All hands on deck to dive into cancer’s unknown territory

Dr. Bunch plans to use an exploratory approach to create these tumor maps using multiple spectrometry methods in tandem. This application of an analytical tool such as mass spectrometry towards deciphering tumor biology is unprecedented in cancer biology, which has relied heavily on molecular and fluorescent methods. The latter, however, works only if cellular and molecular targets are well-known.

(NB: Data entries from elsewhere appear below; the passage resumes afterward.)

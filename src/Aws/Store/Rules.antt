-- ===== src/Aws/Store/Rules.antt =====
-- Rules for the calls of aws_sdk.py that read and write the tables.
use cloud_glider.Prelude.{String, List, ◌≡◌, refl, ◌∙◌, subst, sym, inl}
use cloud_glider.Python.Result.{Result, ok, err}
use cloud_glider.Python.Hoare.{Ends, Triple, Triple-bind, Triple-lift, Ends-mono}
use cloud_glider.Aws.Dynamo.{Write}
use cloud_glider.Aws.Services.{
  Answer, answered, client_error, transport_error, unexpected, interrupted, Request, Services,
}
use cloud_glider.Aws.Client.{
  Client, AwsSdkGateway, Reply, replied, refused, call, call_allowing, allowing, requiring,
  get_record,
}
use cloud_glider.Aws.Store.{Store, Done, Transacted, Documented}
use cloud_glider.Aws.Store.Places.{Keeps, Done-Keeps, Perhaps, Perhaps-Keeps}

-- What holds of the state is there for either end.
Ends-both : {S A : Type 0} (P : S → Type 0) (r : Result A) (s : S) → P s → Ends (λ a. P) P r s
Ends-both P (ok a) s p = p
Ends-both P (err e) s p = p

-- A reply means that the transaction was done, a refusal that it was not.
abbrev pub Told : List Write → Store → Reply (Unit {0}) → Store → Type 0
Told ops s (replied u) t = Done ops s t
Told ops s (refused code message reasons) t = t ≡ s

module _ {W : Type 0} {services : Services W} (dynamo : Documented services) where
  open dynamo use {stored}

  -- The tables of a client, as a property of them.
  abbrev pub In : (Store → Type 0) → Client W → Type 0
  In I c = I (stored c.world)

  allowing-Told :
      (service operation : String) (ops : List Write) (s t : Store) (a : Answer (Unit {0}))
      (c : Client W)
      → stored c.world ≡ t
      → Transacted ops s t a
      → Ends
          (λ r c. Told ops s r (stored c.world))
          (In (Perhaps ops s))
          (allowing service operation a)
          c
  unfolding allowing
  allowing-Told service operation ops s t (answered u) c e h = subst (Done ops s) (sym e) h
  allowing-Told service operation ops s t (client_error f) c e h = e ∙ h
  allowing-Told service operation ops s t (transport_error kind message) c e h =
      subst (Perhaps ops s) (sym e) h
  allowing-Told service operation ops s t unexpected c e h = subst (Perhaps ops s) (sym e) h
  allowing-Told service operation ops s t (interrupted kind) c e h = subst (Perhaps ops s) (sym e) h

  -- `requiring` says no more than whether the transaction was done.
  requiring-Told :
      (service operation : String) (ops : List Write) (s t : Store) (a : Answer (Unit {0}))
      (c : Client W)
      → stored c.world ≡ t
      → Transacted ops s t a
      → Ends (λ u. In (Done ops s)) (In (Perhaps ops s)) (requiring service operation a) c
  unfolding requiring
  requiring-Told service operation ops s t (answered u) c e h = subst (Done ops s) (sym e) h
  requiring-Told service operation ops s t (client_error f) c e h = inl (e ∙ h)
  requiring-Told service operation ops s t (transport_error kind message) c e h =
      subst (Perhaps ops s) (sym e) h
  requiring-Told service operation ops s t unexpected c e h = subst (Perhaps ops s) (sym e) h
  requiring-Told service operation ops s t (interrupted kind) c e h =
      subst (Perhaps ops s) (sym e) h

  -- A request that does these writes or none.
  abbrev pub Writes : List Write → Request W (Unit {0}) → Type 0
  Writes ops request = (w : W) → Transacted ops (stored w) (stored (request w).1) (request w).0

  pub call_allowing-Told :
      (service operation : String) (ops : List Write) (request : Request W (Unit {0})) (s : Store)
      → Writes ops request
      → Triple
          (In (λ t. t ≡ s))
          (call_allowing service operation request)
          (λ r c. Told ops s r (stored c.world))
          (In (Perhaps ops s))
  unfolding call_allowing
  call_allowing-Told service operation ops request s h = record {
    at = λ c p.
        let (a, w) = request c.world in
        allowing-Told service operation ops s (stored w) a _ refl
          (subst (λ r. Transacted ops r (stored w) a) p (h c.world));
  }

  pub call-Done :
      (service operation : String) (ops : List Write) (request : Request W (Unit {0})) (s : Store)
      → Writes ops request
      → Triple
          (In (λ t. t ≡ s))
          (call service operation request)
          (λ u. In (Done ops s))
          (In (Perhaps ops s))
  unfolding call
  call-Done service operation ops request s h = record {
    at = λ c p.
        let (a, w) = request c.world in
        requiring-Told service operation ops s (stored w) a _ refl
          (subst (λ r. Transacted ops r (stored w) a) p (h c.world));
  }

  -- A call of another service leaves the tables.
  pub call-keeps :
      {A : Type 0} (service operation : String) (request : Request W A) (I : Store → Type 0)
      → ((w : W) → stored (request w).1 ≡ stored w)
      → Triple (In I) (call service operation request) (λ a. In I) (In I)
  unfolding call
  call-keeps service operation request I h = record {
    at = λ c p.
        let (a, w) = request c.world in
        Ends-both (In I) (requiring service operation a) _ (subst I (sym (h c.world)) p);
  }

  pub get_record-keeps :
      (self : AwsSdkGateway) (pk sk : String) (I : Store → Type 0)
      → Triple (In I) (get_record services self pk sk) (λ r. In I) (In I)
  unfolding get_record
  get_record-keeps self pk sk I =
      Triple-bind (λ r. In I) _ _
        (call-keeps "dynamodb" "get_item" _ I (λ w. (dynamo.reading _ w).1))
        (λ found. Triple-lift _ (λ r e c p. p) (λ c p. p))

  Told-Keeps :
      (I : Store → Type 0) (ops : List Write) (s t : Store) (r : Reply (Unit {0}))
      → Keeps I ops
      → I s
      → Told ops s r t
      → I t
  Told-Keeps I ops s t (replied u) k p h = Done-Keeps I ops s t k p h
  Told-Keeps I ops s t (refused code message reasons) k p h = subst I (sym h) p

  -- A transaction keeps what its writes keep, however its call ends.
  pub call_allowing-Keeps :
      (service operation : String) (ops : List Write) (request : Request W (Unit {0}))
      (I : Store → Type 0)
      → Writes ops request
      → Keeps I ops
      → Triple (In I) (call_allowing service operation request) (λ r. In I) (In I)
  call_allowing-Keeps service operation ops request I h k = record {
    at = λ c p.
        let s = stored c.world in
        let t = call_allowing-Told service operation ops request s h in
        Ends-mono _ _ _ _ (call_allowing service operation request c).0
          (call_allowing service operation request c).1 (λ r q. Told-Keeps I ops s _ r k p q)
          (λ q. Perhaps-Keeps I ops s _ k p q) (t.at c refl);
  }

  pub call-Keeps :
      (service operation : String) (ops : List Write) (request : Request W (Unit {0}))
      (I : Store → Type 0)
      → Writes ops request
      → Keeps I ops
      → Triple (In I) (call service operation request) (λ u. In I) (In I)
  call-Keeps service operation ops request I h k = record {
    at = λ c p.
        let s = stored c.world in
        let t = call-Done service operation ops request s h in
        Ends-mono _ _ _ _ (call service operation request c).0 (call service operation request c).1
          (λ u q. Done-Keeps I ops s _ k p q) (λ q. Perhaps-Keeps I ops s _ k p q) (t.at c refl);
  }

“Many methods can produce really detailed information about the location of different molecules in a cell or a tissue. But typically, most of these methods require us to know what we’re looking for before we perform the experiment,” notes Dr. Bunch. “For example, optical microscopy will give us fantastic images of the distribution of different proteins but we have to know which protein we want to look for first. And usually, that would involve using an antibody conjugated with a fluorescent marker. That’s a very powerful method of looking for something that we already know,” she adds, commenting on the conventional approach in cancer research so far.

Dr. Bunch’s projects, however, will delve into the unknown. “What we want to do in this project is measure many things; we don’t know what we’re looking for yet. We’re trying to produce an unbiased review of the tissue biochemistry in a tumor,” she says.

“When we put together our project we realized that no single mass spectrometry imaging technique can address everything that we want to measure,” says Dr. Bunch. Several spectrometry methods will come together as she sets out to study tumor metabolism at different molecular levels. “We have a whole range of instruments available to us, starting from secondary ion mass spectrometry through desorption electrospray ionization (DESI), matrix-assisted laser desorption Ionization (MALDI) all the way through to mass cytometry and CY-TOF approaches,” she notes. Each of these techniques is useful for measuring different classes of molecules. “We can't really decide before we embark upon the project which of those are more important. So, we're bringing them all to bear on the same problem.”

The top-down approach with which Dr. Bunch will map out a tumor involved multiple techniques used at tandem. Image courtesy of Cancer Research UK.

Pilot studies at the Bunch lab, in collaboration with other faculty members, include understanding the performance capacity of each of these methods to decide the spatial resolution a particular method offers. “We’re always balancing sensitivity with spatial resolution in mass spectrometry imaging methods,” says Dr. Bunch. “At the National Physical Laboratory, we have a range of MALDI and DESI instruments. The ones that we are using most routinely in the Grand challenge UK project at the moment are the Waters MALDI and DESI platforms… their SYNAPT instruments.”

The team works with colorectal tumor samples as well as samples from the pancreas, breast, and brain. They will employ a top-down approach, performing large high-throughput analyses first, and then honing into fine details of a tumor’s architecture. “We will be taking samples in sections using one of the methods, such as MALDI or DESI, which are our higher throughput methods to obtain our initial maps. We’ll then use a range of multivariate analysis tools and segmentation methods to find areas of particular interest in this tumor…probably several different areas of a single patient’s tumor,” says Dr. Bunch.

The impact of the team’s project will be extensive. Dr. Bunch adds: “I think by using these techniques in combination we're certainly extracting more information from a tumor sample than we’ve ever done before. By measuring the full scope of different molecules – small molecules all the way up to proteins at a range of scales, we are really able to review regions of interest in individual tumors in far more detail than ever before.”

One of the ultimate goals of the project is that the molecular data generated leads us to new ways of measuring tumors, in real time, in surgery or using non-invasive methods. Dr. Bunch concludes: “From a treatment point of view, the more we understand the molecular basis of tumors, particularly in a metabolic point of view, the better that we can design therapies, either new drugs or new intelligent surgical intervention.”